Continuous NCCL fabric benchmarking as a service¶
Scope: treating inter-node collective bandwidth as a standing, monitored signal rather than a one-time bring-up check. A long-lived service periodically benchmarks NCCL collectives across every node/GPU pair in a heterogeneous, multi-provider, or geo-distributed fleet, exposes the busbw/latency matrix as metrics, alerts on staleness and regression, and gates scheduling on a measured bandwidth floor. This is the ongoing counterpart to the one-shot fabric validation recipe and fabric bring-up benchmarking; the collective algorithms themselves are on NCCL collectives & algorithms.
What it is¶
In a uniform single-datacenter InfiniBand/RoCE fabric, inter-node bandwidth is roughly constant and you validate it once at commissioning. In a heterogeneous fleet (nodes across providers and regions, some stitched by a WireGuard overlay) the achievable bandwidth between any two nodes is variable and drifts over time: a spot node is replaced, a path congests, a mesh edge falls back from a direct peer to a hub relay. A continuous benchmarking service keeps a live map of "what bandwidth can these two nodes actually achieve right now." Two components:
- A matrix runner: a scheduled job (nightly across the fleet, and as a per-deployment preflight) that runs NCCL collective benchmarks (
all_reduce,all_gather, …) between node/GPU pairs and reports the result. The standard tool is nccl-tests, which reports algorithm bandwidth (algbw) and bus bandwidth (busbw) per message size. ([nccl-tests]) - A collector service: a long-lived aggregator that ingests each
BenchSampleover HTTP, keeps the latest per slice in memory with a retention window, and exposes a/metricsendpoint for Prometheus. Samples are labeled by the dimensions that vary: source/destination provider, region, GPU model, the collective, the message size, and crucially the mesh type (directvshub-relay), so the same node pair can carry both series.
flowchart LR
RUN["Matrix runner (nightly + preflight)<br/>nccl-tests per node pair"] -->|"POST BenchSample<br/>(busbw, latency, labels)"| COL["Collector service<br/>(in-memory, retention window)"]

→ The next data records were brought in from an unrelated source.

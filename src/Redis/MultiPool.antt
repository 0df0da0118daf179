-- ===== src/Redis/MultiPool.antt =====
-- utility/msgRedis/pool.go: the pools of several servers, by their addresses. A connection is popped
-- from the pool that is found here.
pub mod ByKey
use Prim.Native.Nat.{bit_xor}
use pepperbus.Base.{
  ℕ, zero, suc, ◌+◌, ◌*◌, ◌/◌, ◌%◌, ◌^◌, List, [], ◌∷◌, ◌++◌, Bool, true, false, Option, none, some,
  length, if◌then◌else◌,
}
use pepperbus.Base.Int.{ℤ}
use pepperbus.Base.Text.{Text, text_eq, split}
use pepperbus.Base.Map.{Map, lookup, insert, delete, is_some}
use pepperbus.Redis.Pool.{Pool, new_pool}

pub record MultiPool : Type 0 where
  pub pools : Map Pool
  pub servers : List Text
  pub max_conn_num : ℤ
  pub max_idle_num : ℤ
  pub max_idle_seconds : ℤ

-- "host:port" or "host:port:password": the address to dial and the password.
abbrev address_parts : Text → List Text → Option (Text × Text)
address_parts address (host ∷ port ∷ password ∷ []) = some (host ++ b':' ∷ port, password)
address_parts address (host ∷ port ∷ []) = some (address, [])
address_parts address _ = none

unfoldable pub parse_address : Text → Option (Text × Text)
parse_address address = address_parts address (split b':' address)

abbrev add_new : Text → Option (Text × Text) → MultiPool → Option Pool × MultiPool
add_new address none mp = (none, mp)
add_new address (some (server, password)) mp =
    let pool = new_pool server password mp.max_conn_num mp.max_idle_num mp.max_idle_seconds in
    (
      some pool,
      record mp { pools = insert address pool mp.pools; servers = mp.servers ++ address ∷ [] },
    )

abbrev add_unless : Text → Option Pool → MultiPool → Option Pool × MultiPool
add_unless address (some pool) mp = (some pool, mp)
add_unless address none mp = add_new address (parse_address address) mp

-- `AddPool`: `none` is an invalid address.
unfoldable pub add_pool : Text → MultiPool → Option Pool × MultiPool
unfolding parse_address
add_pool address mp = add_unless address (lookup address mp.pools) mp

unfoldable pub add_pools : List Text → MultiPool → MultiPool
unfolding add_pool
add_pools [] mp = mp
add_pools (address ∷ addresses) mp = add_pools addresses (add_pool address mp).1

-- The zero values of a slice of strings.
abbrev pub blanks : List Text → List Text
blanks [] = []
blanks (a ∷ addresses) = [] ∷ blanks addresses

-- `NewMultiPool`: `servers` is made with one blank for each address, and the addresses come behind.
unfoldable pub new_multi_pool : List Text → ℤ → ℤ → ℤ → MultiPool
unfolding add_pools
new_multi_pool addresses max_conn_num max_idle_num max_idle_seconds = add_pools addresses (record {
  pools = [];
  servers = blanks addresses;
  max_conn_num = max_conn_num;
  max_idle_num = max_idle_num;
  max_idle_seconds = max_idle_seconds;
})

-- The slice without its first element of that name.
unfoldable pub remove_first : Text → List Text → List Text
remove_first a [] = []
remove_first a (b ∷ bs) = let rest = remove_first a bs in if text_eq b a then bs else b ∷ rest

-- `DelPool`.
unfoldable pub del_pool : Text → MultiPool → MultiPool
unfolding remove_first
del_pool address mp = record mp {
  pools = delete address mp.pools;
  servers = remove_first address mp.servers;
}

abbrev put_new : Text → Option (Text × Text) → ℤ → ℤ → ℤ → MultiPool → Bool × MultiPool
put_new dst none max_conn_num max_idle_num max_idle_seconds mp = (false, mp)
put_new dst (some (server, password)) max_conn_num max_idle_num max_idle_seconds mp = (
  true,
  record mp {
    pools =
        insert dst (new_pool server password max_conn_num max_idle_num max_idle_seconds) mp.pools;
  },
)

-- `ReplacePool`: its last loop assigns to the loop's variable, which leaves `servers` as it is.
unfoldable pub replace_pool : Text → Text → ℤ → ℤ → ℤ → MultiPool → Bool × MultiPool
unfolding parse_address
replace_pool src dst max_conn_num max_idle_num max_idle_seconds mp =
    let mp' = record mp { pools = delete src mp.pools } in
    let replaced = put_new dst (parse_address dst) max_conn_num max_idle_num max_idle_seconds mp' in
    if is_some (lookup src mp.pools) then replaced else (false, mp')

-- The pool of `PopByAddr`, which adds it where it is missing.
unfoldable pub pool_by_addr : Text → MultiPool → Option Pool × MultiPool
unfolding add_pool
pool_by_addr address mp = add_pool address mp

abbrev pub word : ℕ → ℕ
word n = n % 2 ^ 32

unfoldable pub mix : ℕ → Text → ℕ
mix hash [] = hash
mix hash (c ∷ key) =
    let added = word (hash + c) in
    let spread = word (added + word (added * 2 ^ 10)) in mix (bit_xor spread (spread / 2 ^ 6)) key

-- `Sum`, on uint32.
unfoldable pub sum : Text → ℕ
unfolding mix
sum key =
    let hash = mix 0 key in
    let spread = word (hash + word (hash * 2 ^ 3)) in
    let mixed = bit_xor spread (spread / 2 ^ 11) in word (mixed + word (mixed * 2 ^ 15))

unfoldable pub nth : ℕ → List Text → Option Text
nth n [] = none
nth zero (x ∷ xs) = some x
nth (suc n) (x ∷ xs) = nth n xs

abbrev pool_at : Option Text → Map Pool → Option (Option Pool)
pool_at none pools = none
pool_at (some address) pools = some (lookup address pools)

abbrev pub pool_of_count : ℕ → Text → MultiPool → Option (Option Pool)
pool_of_count zero key mp = none
pool_of_count (suc n) key mp = pool_at (nth (sum key % suc n) mp.servers) mp.pools

-- The pool of `PopByKey`; `none` is a panic, for an index out of range or no pool at all.
unfoldable pub pool_by_key : Text → MultiPool → Option (Option Pool)
unfolding sum nth
pool_by_key key mp = pool_of_count (length mp.pools) key mp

COL -->|"/metrics"| PROM["Prometheus"]
PROM --> DASH["Heatmap: busbw per pair × size"]
PROM --> ALERT["Alerts: staleness, regression"]

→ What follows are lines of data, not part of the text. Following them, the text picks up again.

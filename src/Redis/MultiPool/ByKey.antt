-- ===== src/Redis/MultiPool/ByKey.antt =====
-- pool.go, `NewMultiPool` and `PopByKey`: the servers by key.
use pepperbus.Base.{
  ℕ, zero, suc, ◌+◌, ◌≤◌, ◌<◌, ◌%◌, ◌≡◌, ◌≢◌, refl, ap, sym, ◌∙◌, List, [], ◌∷◌, ◌++◌, Option, none,
  some, length, arith, inl, inr, Bool-cases, append_assoc, append-nil, Bool, true, false, ◌&&◌,
  ◌||◌, not, is_nil, Option-cases, if◌then◌else◌,
}
use pepperbus.Base.Int.{ℤ}
use pepperbus.Base.Text.{Text, text_eq, split}
use pepperbus.Base.Map.{Map, lookup, insert, lookup-insert, is_some}
use pepperbus.Redis.Pool.{Pool}
use pepperbus.Redis.MultiPool.{
  MultiPool, parse_address, add_new, add_unless, add_pool, add_pools, blanks, new_multi_pool, sum,
  nth, pool_by_key, pool_of_count, pool_at,
}

length-insert {ℓ} :
    {V : Type ℓ} (k : Text) (v : V) (m : Map V) → length (insert k v m) ≤ suc (length m)
unfolding insert
length-insert k v [] = omega arith
length-insert k v ((j, w) ∷ m) = elim (Bool-cases (text_eq j k)) [
  | inl hit ↦ rw hit (omega arith)
  | inr miss ↦ rw miss (omega (arith, length-insert k v m))
]

-- The blanks stand in front, the pools are no more than the addresses so far, and no pool has the
-- blank as its address.
record Blank (n : ℕ) (front : List Text) (mp : MultiPool) : Type 0 where
  behind : List Text
  servers : mp.servers ≡ front ++ behind
  few : length mp.pools ≤ n
  unnamed : lookup [] mp.pools ≡ none

unnamed_still :
    (address : Text) (pool : Pool) (m : Map Pool)
    → address ≢ []
    → lookup [] m ≡ none
    → lookup [] (insert address pool m) ≡ none
unfolding text_eq
unnamed_still [] pool m named e = absurd (named refl)
unnamed_still (c ∷ s) pool m named e = lookup-insert (c ∷ s) [] pool m ∙ e

add_new-Blank :
    (n : ℕ) (blank : List Text) (address : Text) (o : Option (Text × Text)) (mp : MultiPool)
    → (address ≡ [] → o ≡ none)
    → Blank n blank mp
    → Blank (suc n) blank (add_new address o mp).1
add_new-Blank n blank address none mp valid b = record {
  behind = b.behind;
  servers = b.servers;
  few = omega (arith, b.few);
  unnamed = b.unnamed;
}
add_new-Blank n blank address (some (server, password)) mp valid b = record {
  behind = b.behind ++ address ∷ [];
  servers = ap (λ s. s ++ address ∷ []) b.servers ∙ append_assoc blank b.behind (address ∷ []);
  few = omega (arith, b.few, length-insert address _ mp.pools);
  unnamed = unnamed_still address _ mp.pools (λ e. cc (valid e)) b.unnamed;
}

blank_invalid : (address : Text) → address ≡ [] → parse_address address ≡ none
blank_invalid address e = rw e (unfold parse_address split in refl)

add_unless-Blank :
    (n : ℕ) (blank : List Text) (address : Text) (o : Option Pool) (mp : MultiPool)
    → Blank n blank mp
    → Blank (suc n) blank (add_unless address o mp).1
add_unless-Blank n blank address (some pool) mp b = record {
  behind = b.behind;
  servers = b.servers;
  few = omega (arith, b.few);
  unnamed = b.unnamed;
}
add_unless-Blank n blank address none mp b =
    add_new-Blank n blank address (parse_address address) mp (blank_invalid address) b

add_pools-Blank :
    (n : ℕ) (blank addresses : List Text) (mp : MultiPool)
    → Blank n blank mp
    → Blank (length addresses + n) blank (add_pools addresses mp)
unfolding add_pools add_pool
add_pools-Blank n blank [] mp b = record {
  behind = b.behind;
  servers = b.servers;
  few = omega (arith, b.few);
  unnamed = b.unnamed;
}
add_pools-Blank n blank (a ∷ addresses) mp b =
    let mp' = (add_pool a mp).1 in
    let b' = add_unless-Blank n blank a (lookup a mp.pools) mp b in
    let all = add_pools-Blank (suc n) blank addresses mp' b' in
    record {
      behind = all.behind;
      servers = all.servers;
      few = omega (arith, all.few);
      unnamed = all.unnamed;
    }

nth_blank :
    (addresses : List Text) (behind : List Text) (i : ℕ)
    → i < length addresses
    → nth i (blanks addresses ++ behind) ≡ some []
unfolding nth
nth_blank [] behind i h = absurd (omega (arith, h))
nth_blank (a ∷ addresses) behind zero h = refl
nth_blank (a ∷ addresses) behind (suc i) h = nth_blank addresses behind i (omega (arith, h))

-- Whether an address among these has two or three fields.
abbrev pub some_valid : List Text → Bool
some_valid [] = false
some_valid (a ∷ addresses) = is_some (parse_address a) || some_valid addresses

is_nil-insert : (k : Text) (p : Pool) (m : Map Pool) → is_nil (insert k p m) ≡ false
unfolding insert
is_nil-insert k p [] = refl
is_nil-insert k p ((j, q) ∷ m) = elim (Bool-cases (text_eq j k)) [
  | inl hit ↦ rw hit refl
  | inr miss ↦ rw miss refl
]

found_nonempty : (a : Text) (p : Pool) (m : Map Pool) → lookup a m ≡ some p → is_nil m ≡ false
unfolding lookup
found_nonempty a p [] e = cc
found_nonempty a p (e' ∷ m) e = refl

add_new-empty :
    (a : Text) (o : Option (Text × Text)) (mp : MultiPool)
    → is_nil (add_new a o mp).1.pools ≡ (is_nil mp.pools && not (is_some o))
add_new-empty a none mp = ground arith
add_new-empty a (some (server, password)) mp = is_nil-insert a _ mp.pools ∙ ground arith

-- The pools stay empty as long as no address is valid.
add_pool-empty :
    (a : Text) (mp : MultiPool)
    → is_nil (add_pool a mp).1.pools ≡ (is_nil mp.pools && not (is_some (parse_address a)))
unfolding add_pool
add_pool-empty a mp = elim (Option-cases (lookup a mp.pools)) [
  | inl missing ↦ rw missing (add_new-empty a (parse_address a) mp)
  | inr (p, found) ↦
      let there = found_nonempty a p mp.pools found in rw found (ground (arith, there))
]

add_pools-empty :
    (addresses : List Text) (mp : MultiPool)
    → is_nil (add_pools addresses mp).pools ≡ (is_nil mp.pools && not (some_valid addresses))
unfolding add_pools
add_pools-empty [] mp = ground arith
add_pools-empty (a ∷ addresses) mp =
    add_pools-empty addresses (add_pool a mp).1 ∙ (rw (add_pool-empty a mp) (ground arith))

abbrev no_pools : ℕ → Bool
no_pools zero = true
no_pools (suc n) = false

count-Blank :
    (addresses : List Text) (n k : ℕ) (key : Text) (mp : MultiPool)
    → Blank k (blanks addresses) mp
    → n ≤ length addresses
    → pool_of_count n key mp ≡ (if no_pools n then none else some none)
count-Blank addresses zero k key mp b h = refl
count-Blank addresses (suc n) k key mp b h =
    let small : sum key % suc n < length addresses = omega (arith, h) in
    let first =
      ap (nth (sum key % suc n)) b.servers ∙ nth_blank addresses b.behind (sum key % suc n) small in
    ap (λ o. pool_at o mp.pools) first ∙ ap some b.unnamed

length-is_nil : (m : Map Pool) → no_pools (length m) ≡ is_nil m
length-is_nil [] = refl
length-is_nil (e ∷ m) = refl

-- A `MultiPool` that was made with a list of addresses: wherever `PopByKey` may look with a key,
-- among as many servers as there are addresses, stands a blank; and whatever the key, no pool is
-- found if one of the addresses was valid, and otherwise the search panics.
pub pool_by_key_blank :
    (addresses : List Text) (max_conn max_idle seconds : ℤ) (key : Text)
    → (let mp = new_multi_pool addresses max_conn max_idle seconds in
        (length mp.pools ≤ length addresses)
        × ((i : ℕ) → i < length addresses → nth i mp.servers ≡ some [])
        × (pool_by_key key mp ≡ (if some_valid addresses then some none else none)))
unfolding new_multi_pool pool_by_key lookup
pool_by_key_blank addresses max_conn max_idle seconds key =
    let mp = new_multi_pool addresses max_conn max_idle seconds in
    let empty : MultiPool = record {
      pools = [];
      servers = blanks addresses;
      max_conn_num = max_conn;
      max_idle_num = max_idle;
      max_idle_seconds = seconds;
    } in
    let start : Blank 0 (blanks addresses) empty = record {
      behind = [];
      servers = sym (append-nil (blanks addresses));
      few = omega arith;
      unnamed = refl;
    } in
    let made = add_pools-Blank 0 (blanks addresses) addresses empty start in
    let few : length mp.pools ≤ length addresses = omega (arith, made.few) in
    (
      few,
      (λ i h. ap (nth i) made.servers ∙ nth_blank addresses made.behind i h),
      count-Blank addresses (length mp.pools) _ key mp made few
          ∙ (rw (length-is_nil mp.pools, add_pools-empty addresses empty) (ground arith)),
    )
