-- ===== src/Redis/Pipeline.antt =====
-- utility/msgRedis/conn.go, `PipeSend` and `PipeExec`: commands that are written one after the other,
-- and their replies, which are read together.
pub mod Replies
use pepperbus.Base.{ℕ, zero, suc, ◌+◌, List, [], ◌∷◌, ◌++◌, Option, none, some, if◌then◌else◌, ◌==◌}
use pepperbus.Base.Text.{Text}
use pepperbus.Redis.Resp.{
  Arg, write_request, Value, v_nil, ReadError, unexpected_end, bad_terminator, panics, out_of_fuel,
  common, Got, got, failed, read_response,
}

-- The fields of `Conn` that a pipeline uses: the count of its commands, and what was written.
pub record Pipe : Type 0 where
  pub pipe_count : ℕ
  pub written : Text

-- `PipeSend`, where the connection takes what is written.
unfoldable pub pipe_send : Text → List Arg → Pipe → Pipe
unfolding write_request
pipe_send command args p = record {
  pipe_count = p.pipe_count + 1;
  written = p.written ++ write_request command args;
}

-- What a reply leaves in its place: a value, or, where it could not be read, whatever stood there
-- when reading failed (nil, a zero, bytes of it).
pub data Slot : Type 0 where
  filled : Value → Slot
  leftover : Slot

-- The slots, the error, and the bytes that are still unread; `none` is a panic (or no fuel).
abbrev pub Read : Type 0
Read = Option (List Slot × Option ReadError × Text)

abbrev add_reply : Slot → Read → Read
add_reply v none = none
add_reply v (some (vs, e, rest)) = some (v ∷ vs, e, rest)

-- The slot of a reply that ends with an error: nil, if it is an error reply ('-').
abbrev failed_slot : Text → Slot
failed_slot [] = leftover
failed_slot (c ∷ s) = if c == b'-' then filled v_nil else leftover

-- `ret[i], e = c.readResponse()` on the unread bytes: an error replaces the error before.
abbrev store_reply : Text → Got Value → (Option ReadError → Text → Read) → Read
store_reply s (got v rest) next = add_reply (filled v) (next none rest)
store_reply s (failed unexpected_end rest) next =
    add_reply (failed_slot s) (next (some unexpected_end) rest)
store_reply s (failed bad_terminator rest) next =
    add_reply (failed_slot s) (next (some bad_terminator) rest)
store_reply s (failed (common e) rest) next =
    add_reply (failed_slot s) (next (some (common e)) rest)
store_reply s (failed panics rest) next = none
store_reply s (failed out_of_fuel rest) next = none

-- The loop of `PipeExec`; the fuel is that of `readResponse`.
unfoldable pub read_replies : ℕ → ℕ → Option ReadError → Text → Read
unfolding read_response
read_replies fuel zero e s = some ([], e, s)
read_replies fuel (suc n) e s = store_reply s (read_response fuel s) (read_replies fuel n)

pub data Piped : Type 0 where
  replies : Read → Piped
  not_flushed : Text → Piped

-- `PipeExec`: the commands of a flush that failed are still counted.
unfoldable pub pipe_exec : ℕ → Option Text → Text → Pipe → Piped × Pipe
unfolding read_replies
pipe_exec fuel (some e) s p = (not_flushed e, p)
pipe_exec fuel none s p =
    (replies (read_replies fuel p.pipe_count none s), record p { pipe_count = 0 })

PROM --> GATE["Preflight SLO gate:<br/>direct ≥ N× hub-relay?"]
GATE -->|"pass"| SCHED["Schedule tightly-coupled job on pair"]
GATE -->|"fail"| REJECT["Place elsewhere / warn"]

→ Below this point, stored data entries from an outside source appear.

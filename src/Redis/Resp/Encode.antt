-- ===== src/Redis/Resp/Encode.antt =====
-- conn.go: the lengths and the strings that are written are the ones that are read.
use pepperbus.Base.{
  ℕ, zero, suc, ◌+◌, ◌/◌, ◌%◌, ◌^◌, ◌≤◌, ◌<◌, ◌≡◌, ◌≢◌, refl, ap, sym, ◌∙◌, [], ◌∷◌, ◌++◌,
  append_assoc, length-append, true, some, length, arith, All, leb, ltb, drop, take, inl, inr,
  All-append, ◌⊎◌, false,
}
use native.Mathlib.Nat.{pow-suc}
use pepperbus.Base.Int.{ℤ, pos, InRange}
use pepperbus.Base.Text.{Text}
use pepperbus.Base.Decimal.{digits, digits_small, digits_large, digits-append, format_uint}
use pepperbus.Base.Signed.{format_int, parse_int-format_int, format_int_bytes}
use pepperbus.Redis.Resp.{
  crlf, len_digits, write_len, write_bytes, v_bytes, got, read_bytes, but_two, with_line, cut_line,
  read_line, bulk_of, read_full, dispatch, of_line, read_response,
}

small_or_large : (n : ℕ) → (n < 10) ⊎ (10 ≤ n)
small_or_large n = omega arith

len_digits_zero : (room : ℕ) (behind : Text) → len_digits room 0 behind ≡ behind
unfolding len_digits
len_digits_zero zero behind = refl
len_digits_zero (suc room) behind = refl

-- The loop of `writeLen` prints a number as `FormatUint` does.
len_digits-digits :
    (room f n : ℕ) (behind : Text)
    → 1 ≤ n
    → n < 10 ^ f
    → f ≤ room
    → len_digits room n behind ≡ digits f n behind
unfolding len_digits
len_digits-digits room zero n behind low high fits = absurd (omega (arith, low, high))
len_digits-digits zero (suc f) n behind low high fits = absurd (omega (arith, fits))
len_digits-digits (suc room) (suc f) zero behind low high fits = absurd (omega (arith, low))
len_digits-digits (suc room) (suc f) (suc n) behind low high fits = elim (small_or_large (suc n)) [
  | inl small ↦
      ap (λ m. len_digits room m ((48 + suc n % 10) ∷ behind)) (omega (arith, small))
      ∙ (len_digits_zero room ((48 + suc n % 10) ∷ behind)
          ∙ (ap (λ m. (48 + m) ∷ behind) (omega (arith, small))
              ∙ sym (digits_small f (suc n) behind small)))
  | inr large ↦
      len_digits-digits room f (suc n / 10) ((48 + suc n % 10) ∷ behind) (omega (arith, large))
        (omega (arith, high, pow-suc 10 f)) (omega (arith, fits))
      ∙ sym (digits_large f (suc n) behind large)
]

pub write_len_lem :
    (prefix n : ℕ) → n < 2 ^ 64 → write_len prefix n ≡ prefix ∷ (format_uint n ++ crlf)
write_len_lem prefix zero h = unfold write_len format_uint digits in refl
write_len_lem prefix (suc n) h =
    unfold write_len format_uint in
    ap (◌∷◌ prefix) (
      len_digits-digits 62 20 (suc n) crlf (omega arith) (omega (arith, h)) (omega arith)
      ∙ digits-append 20 (suc n) [] crlf)

-- A line without a line feed in it.
abbrev pub NoFeed : Text → Type 0
NoFeed = All (λ c. c ≢ b'\n')

read_bytes_line :
    (line rest : Text)
    → NoFeed line
    → read_bytes (line ++ b'\n' ∷ rest) ≡ some (line ++ b'\n' ∷ [], rest)
unfolding read_bytes
read_bytes_line [] rest h = refl
read_bytes_line (c ∷ line) rest (hc, h) = rw (read_bytes_line line rest h) (ground (arith, hc))

two_more : (s : Text) → (b c : ℕ) × (t : Text) × (s ++ crlf ≡ b ∷ c ∷ t)
two_more [] = (b'\r', b'\n', [], refl)
two_more (a ∷ []) = (a, b'\r', b'\n' ∷ [], refl)
two_more (a ∷ b ∷ s) = (a, b, s ++ crlf, refl)

but_two-crlf : (s : Text) → but_two (s ++ crlf) ≡ s
unfolding but_two
but_two-crlf [] = refl
but_two-crlf (a ∷ s) =
    let (b, c, t, e) = two_more s in
    ap (λ u. but_two (a ∷ u)) e ∙ ap (◌∷◌ a) (ap but_two (sym e) ∙ but_two-crlf s)

-- A line is read up to its "\r\n".
pub read_line_lem :
    (kind : ℕ) (p rest : Text)
    → NoFeed (kind ∷ p)
    → read_line (kind ∷ (p ++ (crlf ++ rest))) ≡ got (kind ∷ p) rest
unfolding read_line
read_line_lem kind p rest h =
    let before = (kind ∷ p) ++ b'\r' ∷ [] in
    let feedless = All-append (λ c. c ≢ b'\n') (kind ∷ p) (b'\r' ∷ []) h (cc, tt) in
    let whole : kind ∷ (p ++ (crlf ++ rest)) ≡ before ++ b'\n' ∷ rest =
      ap (◌∷◌ kind) (sym (append_assoc p (b'\r' ∷ []) (b'\n' ∷ rest))) in
    let cut : before ++ b'\n' ∷ [] ≡ (kind ∷ p) ++ crlf =
      append_assoc (kind ∷ p) (b'\r' ∷ []) (b'\n' ∷ []) in
    ap (λ s. cut_line (read_bytes s)) whole
    ∙ (ap cut_line (read_bytes_line before rest feedless)
        ∙ ap (with_line rest) (ap but_two cut ∙ but_two-crlf (kind ∷ p)))

-- A printed number has no line feed.
format_int-NoFeed : (z : ℤ) → NoFeed (format_int z)
format_int-NoFeed z = feedless (format_int z) (format_int_bytes z)
  where
    feedless : (s : Text) → All (λ c. (45 ≤ c) × (c ≤ 57)) s → NoFeed s
    feedless [] h = tt
    feedless (c ∷ s) (hc, hs) = (λ e. omega (arith, hc, e), feedless s hs)

-- A line with a number: what is written for a length, an integer or nil.
pub read_number :
    (fuel kind : ℕ) (z : ℤ) (rest : Text)
    → kind ≢ b'\n'
    → read_response (suc fuel) (kind ∷ (format_int z ++ (crlf ++ rest)))
      ≡ dispatch (read_response fuel) kind (format_int z) rest
read_number fuel kind z rest h =
    unfold read_response in
    ap (of_line (read_response fuel))
      (read_line_lem kind (format_int z) rest (h, format_int-NoFeed z))

take-length : (s t : Text) → take (length s) (s ++ t) ≡ s
take-length [] t = refl
take-length (c ∷ s) t = ap (◌∷◌ c) (take-length s t)

drop-length : (s t : Text) (k : ℕ) → drop (length s + k) (s ++ t) ≡ drop k t
drop-length [] t k = let e : 0 + k ≡ k = omega arith in rw e refl
drop-length (c ∷ s) t k =
    let e : suc (length s) + k ≡ suc (length s + k) = omega arith in rw e (drop-length s t k)

read_full_lem : (b rest : Text) → read_full (length b) (b ++ (crlf ++ rest)) ≡ got (v_bytes b) rest
read_full_lem b rest =
    let long : length (b ++ (crlf ++ rest)) ≡ length b + length (crlf ++ rest) =
      length-append b (crlf ++ rest) in
    let enough : leb (length b + 2) (length (b ++ (crlf ++ rest))) ≡ true = ground (arith, long) in
    rw (enough, take-length b (crlf ++ rest), drop-length b (crlf ++ rest) 2) refl

write_bytes_lem :
    (b rest : Text)
    → length b < 2 ^ 64
    → write_bytes b ++ rest ≡ b'$' ∷ (format_uint (length b) ++ (crlf ++ (b ++ (crlf ++ rest))))
unfolding write_bytes
write_bytes_lem b rest h =
    ap (λ w. (w ++ (b ++ crlf)) ++ rest) (write_len_lem b'$' (length b) h)
    ∙ ap (◌∷◌ b'$') (
        append_assoc (format_uint (length b) ++ crlf) (b ++ crlf) rest
        ∙ (append_assoc (format_uint (length b)) crlf ((b ++ crlf) ++ rest)
            ∙ ap (λ w. format_uint (length b) ++ (crlf ++ w)) (append_assoc b crlf rest)))

-- A string is read back as it was written.
pub read_written :
    (fuel : ℕ) (b rest : Text)
    → length b + 2 ≤ 2 ^ 48
    → read_response (suc fuel) (write_bytes b ++ rest) ≡ got (v_bytes b) rest
read_written fuel b rest h =
    let n = length b in
    let fits : InRange (pos n) = (omega (arith, h), omega arith) in
    let small : ltb (2 ^ 48) (n + 2) ≡ false = ground (arith, h) in
    ap (read_response (suc fuel)) (write_bytes_lem b rest (omega (arith, h)))
    ∙ (unfold format_int in
        read_number fuel b'$' (pos n) (b ++ (crlf ++ rest)) (cc)
        ∙ (unfold dispatch in
            ap (λ p. bulk_of p (b ++ (crlf ++ rest))) (parse_int-format_int (pos n) fits)
            ∙ rw small (read_full_lem b rest)))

busbw vs algbw: measure the right number¶
nccl-tests reports two bandwidths. algbw is data_size / time. busbw multiplies algbw by a collective-specific factor (e.g. 2·(n−1)/n for all-reduce) so the result reflects the actual hardware bus traffic and is comparable across collectives and sizes. Compare paths and detect regressions on busbw; it is the apples-to-apples number. ([nccl-tests])
Why it matters¶
You cannot place or trust a tightly-coupled distributed-training job on a fabric whose real bandwidth you do not know. In a heterogeneous fleet, three problems are invisible to one-shot validation:
- Placement. A job that all-reduces every step belongs on node pairs with high measured busbw, not on a pair that silently fell back to a hub relay at a fraction of the bandwidth. The live matrix is the input to that placement decision and to topology-aware scheduling.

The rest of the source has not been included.